The elections and the macro (no 3)

In our search for macro slippage in the run-up to Nigerian elections, we devote the third of our daily notes to foreign/offshore trading patterns on the NSE before the polls on March 2015. (We cannot locate the series to cover the elections of April 2007 and April 2011.) The data show steady gross offshore inflows from October 2014 through to April 2015, along with net outflows of varying sizes for each month other than the last. This does not represent a rush for the door marked exit, rather a steady trickle out of the NSE.

  • The principal, non-electoral reason for the net outflows is the downward trend in the oil price from an average of US$102.3/b for spot Bonny Light in August 2014 to US$57.5/b in April 2015. We do not need to explain again the correlation between the oil price and the broader, non-diversified economy.
  • As the oil price weakness continued so the NSEASI lost ground and the economy slowed, leading to the recession of 2016 and Q1 2017.
  • The build-up to elections can bring the flight of the offshore investor. This occurs when a serious contender has an anti-business agenda or where markets fear a very close result challenged on the streets and in the courts.
  • The results of the last three presidential elections in Nigeria have not been particularly close nor have plausible candidates threatened radical change.  The second point does not apply for 2019 and it is too early to make a call on the first as the political horse-trading is still in progress.
Transactions on the NSE, Sep 2014 – Apr 2015 (N bn)

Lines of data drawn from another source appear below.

-- ===== src/Ledger/Accounts/Grants.antt =====
-- backend/ledger_service/service/grants.py: a user is granted the starting credits once.
use cs.Base.{
  ℕ, ◌≡◌, refl, Bool, ok, >>=-eq-ok, ok_injective, sym, ap, Option-cases, inl, inr, is_some, true,
  some,
}
use cs.Base.Decimal.{Decimal}
use cs.Ledger.Rows.{Tables, Transaction, user}
use cs.Ledger.Posting.Moves.{post-batch}
use cs.Ledger.Posting.Retry.{post_all-kept, find-replayed}
use cs.Ledger.Posting.{post, find_by_idempotency_key}
use cs.Ledger.Accounts.{World, grant_key, grant_of, ensure_granted}

granted_after :
    (world : World) (new_id : ℕ → ℕ) (pending : Bool) (now : ℕ) (amount : Decimal) (user_id : ℕ)
    (s : Tables) {id : ℕ} {after : Tables}
    → ensure_granted world new_id pending now amount user_id s ≡ ok (id, after)
    → (is_some (find_by_idempotency_key after.transactions (grant_key world user_id)) ≡ true)
      × (id ≡ world.id_of user user_id)
unfolding ensure_granted grant_of
granted_after world new_id pending now amount user_id s h =
    elim (Option-cases (find_by_idempotency_key s.transactions (grant_key world user_id))) [
      | inr (t, e) ↦
          let pair = ok_injective (rw (e, ensure_granted) at h) in
          (rw (sym (ap (λ p. p.1) pair), e) refl, sym (ap (λ p. p.0) pair))
      | inl e ↦
          let (posted, written, h₁) =
            >>=-eq-ok
              (post world.hashing world.account new_id pending now (grant_of world amount user_id)
                s)
              _ (rw (e, ensure_granted) at h) in
          let pair = ok_injective h₁ in
          let (transactions, batch) =
            post-batch world.hashing world.account new_id pending now
              (grant_of world amount user_id) s written in
          let kept =
            post_all-kept world.hashing world.account new_id pending now _ s transactions posted.1
              batch in
          let (t, found) =
            find-replayed world.hashing posted.1.transactions (grant_of world amount user_id)
              kept in
          (rw (sym (ap (λ p. p.1) pair), found) refl, sym (ap (λ p. p.0) pair))
    ]

-- Once `ensure_granted` has returned for a user, and whatever other sessions have committed since, as long as the
-- ledger still has each transaction under that user's grant key, the next call for the user returns the same
-- account and changes no table, whatever the amount of the grant has become, and with writes pending or not.
pub ensure_granted-once :
    (world : World) (new_id new_id' : ℕ → ℕ) (pending pending' : Bool) (now now' : ℕ)
    (amount amount' : Decimal) (user_id : ℕ) (others : Tables → Tables) (s : Tables) (id : ℕ)
    (after : Tables)
    → ((t : Tables) (row : Transaction)
        → find_by_idempotency_key t.transactions (grant_key world user_id) ≡ some row
        → find_by_idempotency_key (others t).transactions (grant_key world user_id) ≡ some row)
    → ensure_granted world new_id pending now amount user_id s ≡ ok (id, after)
    → ensure_granted world new_id' pending' now' amount' user_id (others after)
      ≡ ok (id, others after)
unfolding ensure_granted
ensure_granted-once world new_id new_id' pending pending' now now' amount amount' user_id others s
      id after lasting h =
    let (kept, same) = granted_after world new_id pending now amount user_id s h in
    elim (Option-cases (find_by_idempotency_key after.transactions (grant_key world user_id))) [
      | inl e ↦ absurd (let gone = rw e at kept in cc)
      | inr (t, e) ↦ rw (lasting after t e, ensure_granted, same) refl
    ]
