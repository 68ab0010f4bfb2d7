-- ===== src/Provisioning/Book.antt =====
-- enforcement/allocation-eval.ts, provisioning/deposit.ts, confirm.ts and teardown.ts with
-- allocation-reserve.lua, confirm-allocation.lua and cancel-allocation.lua. A `Book` holds the keys
-- of one org and of its agents. The gateway, the funding and the finality of an operation are
-- arguments, and so is the arithmetic of Lua; a `none` of the former is a throw. An allocation id is new, as `randomUUID` makes it.
-- Subtraction stops at zero here and goes below it in Redis: the counters `reserved` and `committed`
-- are always the sums that are taken from them, so they do not differ.
pub mod Sums
pub mod Balance
pub mod Solvency
mod Tests
use casper_agops_server.Prelude.{
  ℕ, ◌+◌, ◌-◌, String, Bool, true, false, not, ◌&&◌, ◌||◌, Option, none, some, List, [], ◌∷◌, ◌≤◌,
  ◌≡◌, ltb, ◌=?◌, includes, string_eq, update, select, if◌then◌else◌,
}

pub record Allocation : Type 0 where
  pub agent_id : ℕ
  pub amount : ℕ
  pub is_pending : Bool

pub record Book : Type 0 where
  pub committed : ℕ
  pub reserved : ℕ
  pub float_pending : ℕ → ℕ
  pub float_confirmed : List (ℕ × ℕ)
  pub allocations : List (ℕ × Allocation)
  pub pending : ℕ → List ℕ
  pub deny_all : Bool

pub data DenyReason : Type 0 where
  org_suspended allocation_exceeded service_not_allowed allocation_cooldown : DenyReason
  treasury_insufficient_funds : DenyReason

pub record AllocationParams : Type 0 where
  pub agent_id : ℕ
  pub requested : ℕ
  pub destination : String
  pub seconds_since_last_allocation : Option ℕ
  pub total_budget : ℕ
  pub per_agent_max : ℕ
  pub allowed_destinations : List String
  pub cooldown_seconds : ℕ
  pub funded_total : ℕ

-- The numbers that Lua computes with.
pub record Lua : Type 1 where
  pub Number : Type 0
  pub tonumber : ℕ → Number
  pub minus : Number → Number → Number
  pub is_greater : Number → Number → Bool

-- `requested > ceiling - committed - reserved`.
abbrev pub exceeds : Lua → ℕ → ℕ → ℕ → ℕ → Bool
exceeds lua ceiling committed reserved requested =
    let available =
      lua.minus (lua.minus (lua.tonumber ceiling) (lua.tonumber committed))
        (lua.tonumber reserved) in
    lua.is_greater (lua.tonumber requested) available

-- Lua's numbers are doubles, with which the test is exact on integers up to 2 ^ 53.
abbrev pub max_exact : ℕ
max_exact = 9_007_199_254_740_992

abbrev pub IsExact : Lua → Type 0
IsExact lua =
    (ceiling committed reserved requested : ℕ)
    → ceiling ≤ max_exact
    → committed ≤ max_exact
    → reserved ≤ max_exact
    → requested ≤ max_exact
    → exceeds lua ceiling committed reserved requested
      ≡ ltb ceiling (committed + reserved + requested)

-- allocation-reserve.lua.
pub reserve_allocation : Lua → AllocationParams → Book → Book × Option DenyReason
reserve_allocation lua p b =
    if exceeds lua p.total_budget b.committed b.reserved p.requested
    then (b, some allocation_exceeded)
    else if exceeds lua p.funded_total b.committed b.reserved p.requested
    then (b, some treasury_insufficient_funds)
    else (record b { reserved = b.reserved + p.requested }, none)

pub is_cooling : ℕ → Option ℕ → Bool
is_cooling cooldown none = false
is_cooling cooldown (some gap) = ltb 0 cooldown && ltb gap cooldown

-- `evaluateAllocation`; `none` allows.
pub evaluate_allocation : Lua → AllocationParams → Book → Book × Option DenyReason
unfolding is_cooling reserve_allocation
evaluate_allocation lua p b =
    if b.deny_all
    then (b, some org_suspended)
    else if ltb p.per_agent_max p.requested
    then (b, some allocation_exceeded)
    else if not (includes p.allowed_destinations p.destination)
    then (b, some service_not_allowed)
    else if is_cooling p.cooldown_seconds p.seconds_since_last_allocation
    then (b, some allocation_cooldown)
    else reserve_allocation lua p b

pub data Funding : Type 0 where
  not_configured funded funding_throws : Funding

pub data DepositResult : Type 0 where
  submitted : (allocation_id : ℕ) → DepositResult
  deposit_denied : DenyReason → DepositResult
  funding_failed submit_threw : DepositResult

abbrev pub give_back : ℕ → Book → Book
give_back amount b = record b { reserved = b.reserved - amount }

pub record_pending : ℕ → ℕ → ℕ → Book → Book
record_pending id agent amount b = record b {
  float_pending = update b.float_pending agent (b.float_pending agent + amount);
  allocations =
      (id, record { agent_id = agent; amount = amount; is_pending = true }) ∷ b.allocations;
  pending = update b.pending agent (id ∷ b.pending agent);
}

-- After the reserve: the submission through the gateway, then the on-chain funding.
pub submit_deposit : Bool → Funding → ℕ → AllocationParams → Book → Book × DepositResult
unfolding record_pending
submit_deposit false funding id p b = (give_back p.requested b, submit_threw)
submit_deposit true funding_throws id p b = (give_back p.requested b, funding_failed)
submit_deposit true funded id p b = (record_pending id p.agent_id p.requested b, submitted id)
submit_deposit true not_configured id p b =
    (record_pending id p.agent_id p.requested b, submitted id)

-- `depositFor`.
pub deposit_for : Lua → Bool → Funding → ℕ → AllocationParams → Book → Book × DepositResult
unfolding evaluate_allocation submit_deposit
deposit_for lua submits funding id p b =
    let (b', denied) = evaluate_allocation lua p b in
    elim denied [ none ↦ submit_deposit submits funding id p b' | some r ↦ (b', deposit_denied r) ]

pub find_allocation : ℕ → List (ℕ × Allocation) → Option Allocation
find_allocation id [] = none
find_allocation id ((k, a) ∷ l) = if k =? id then some a else find_allocation id l

pub set_confirmed : ℕ → List (ℕ × Allocation) → List (ℕ × Allocation)
set_confirmed id [] = []
set_confirmed id ((k, a) ∷ l) =
    if k =? id then (k, record a { is_pending = false }) ∷ l else (k, a) ∷ set_confirmed id l

-- `DEL`.
pub delete_allocation : ℕ → List (ℕ × Allocation) → List (ℕ × Allocation)
delete_allocation id [] = []
delete_allocation id ((k, a) ∷ l) = if k =? id then l else (k, a) ∷ delete_allocation id l

-- `GET` and `INCRBY` of the agents' confirmed float.
pub float_of : ℕ → List (ℕ × ℕ) → ℕ
float_of agent [] = 0
float_of agent ((k, f) ∷ l) = if k =? agent then f else float_of agent l

pub add_float : ℕ → ℕ → List (ℕ × ℕ) → List (ℕ × ℕ)
add_float agent amount [] = (agent, amount) ∷ []
add_float agent amount ((k, f) ∷ l) =
    if k =? agent then (k, f + amount) ∷ l else (k, f) ∷ add_float agent amount l

pub take_float : ℕ → ℕ → List (ℕ × ℕ) → List (ℕ × ℕ)
take_float agent amount [] = []
take_float agent amount ((k, f) ∷ l) =
    if k =? agent then (k, f - amount) ∷ l else (k, f) ∷ take_float agent amount l

-- `SREM`.
abbrev pub drop_pending : ℕ → ℕ → Book → Book
drop_pending agent id b = record b {
  pending = update b.pending agent (select (λ k. not (k =? id)) (b.pending agent));
}

-- confirm-allocation.lua on a record that is pending.
pub promote : ℕ → Allocation → Book → Book
unfolding set_confirmed add_float
promote id a b = record b {
  allocations = set_confirmed id b.allocations;
  float_pending = update b.float_pending a.agent_id (b.float_pending a.agent_id - a.amount);
  float_confirmed = add_float a.agent_id a.amount b.float_confirmed;
  reserved = b.reserved - a.amount;
  committed = b.committed + a.amount;
}

pub data ConfirmResult : Type 0 where
  noop still_pending confirmed : ConfirmResult

pub confirm_record : Option Bool → ℕ → Option Allocation → Book → Book × ConfirmResult
unfolding promote delete_allocation
confirm_record final id none b = (b, noop)
confirm_record final id (some a) b = if not a.is_pending then (b, noop) else elim final [
  | none ↦ (b, still_pending)
  | some false ↦ (b, still_pending)
  | some true ↦
      let b' = drop_pending a.agent_id id (promote id a b) in
      (record b' { allocations = delete_allocation id b'.allocations }, confirmed)
]

-- `confirmDeposit`, with the answer of `isFinal`.
pub confirm_deposit : Option Bool → ℕ → Book → Book × ConfirmResult
unfolding find_allocation confirm_record
confirm_deposit final id b = confirm_record final id (find_allocation id b.allocations) b

-- cancel-allocation.lua on a record that is pending.
pub cancel_allocation : ℕ → ℕ → ℕ → Book → Book
unfolding delete_allocation
cancel_allocation agent id amount b =
    let b' = drop_pending agent id b in
    record b' {
      float_pending = update b.float_pending agent (b.float_pending agent - amount);
      reserved = b.reserved - amount;
      allocations = delete_allocation id b.allocations;
    }

-- One round of the loop of `teardownAgent`.
pub sweep_record : (ℕ → Option Bool) → ℕ → ℕ → Option Allocation → Book → Book
unfolding confirm_deposit cancel_allocation
sweep_record final agent id none b = drop_pending agent id b
sweep_record final agent id (some a) b =
    if not a.is_pending
    then drop_pending agent id b
    else let (b', result) = confirm_deposit (final id) id b in
      elim result [
        | still_pending ↦ cancel_allocation agent id a.amount b'
        | noop ↦ b'
        | confirmed ↦ b'
      ]

pub sweep_all : (ℕ → Option Bool) → ℕ → List ℕ → Book → Book
unfolding find_allocation sweep_record
sweep_all final agent [] b = b
sweep_all final agent (id ∷ ids) b =
    sweep_all final agent ids (sweep_record final agent id (find_allocation id b.allocations) b)

-- The reclaim of the confirmed float; the gateway may throw.
pub reclaim : Bool → ℕ → Book → Book × Option ℕ
unfolding float_of take_float
reclaim reclaims agent b =
    let amount = float_of agent b.float_confirmed in
    if not (ltb 0 amount) then (b, some 0) else if not reclaims then (b, none) else (
      record b {
        float_confirmed = take_float agent amount b.float_confirmed;
        committed = b.committed - amount;
      },
      some amount,
    )

-- `teardownAgent`; the suspension of the agent and the sweep of its own account touch no key here.
pub teardown_agent : (ℕ → Option Bool) → Bool → ℕ → Book → Book × Option ℕ
unfolding sweep_all reclaim
teardown_agent final reclaims agent b =
    reclaim reclaims agent (sweep_all final agent (b.pending agent) b)

pub data Operation : Type 0 where
  deposits : Bool → Funding → (id : ℕ) → AllocationParams → Operation
  confirms : Option Bool → (id : ℕ) → Operation
  tears_down : (ℕ → Option Bool) → Bool → (agent : ℕ) → Operation

pub operate : Lua → Book → Operation → Book
unfolding deposit_for confirm_deposit teardown_agent
operate lua b (deposits submits funding id p) = (deposit_for lua submits funding id p b).0
operate lua b (confirms final id) = (confirm_deposit final id b).0
operate lua b (tears_down final reclaims agent) = (teardown_agent final reclaims agent b).0

pub run : Lua → Book → List Operation → Book
unfolding operate
run lua b [] = b
run lua b (x ∷ xs) = run lua (operate lua b x) xs

-- An org before its first deposit.
pub empty_book : Book
empty_book = record {
  committed = 0;
  reserved = 0;
  float_pending = λ a. 0;
  float_confirmed = [];
  allocations = [];
  pending = λ a. [];
  deny_all = false;
}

Sources: Nigerian Stock Exchange (NSE); FBNQuest Capital Research
  • To recap, we find inconclusive evidence that FGN spending, inflation and offshore investment on the NSE were influenced by the 2007, 2011 and 2015 polls. The exception was the steep rise in expenditure in the build-up to 2011 due to the substantial increase in the national minimum wage, currently topical, approved by the National Assembly.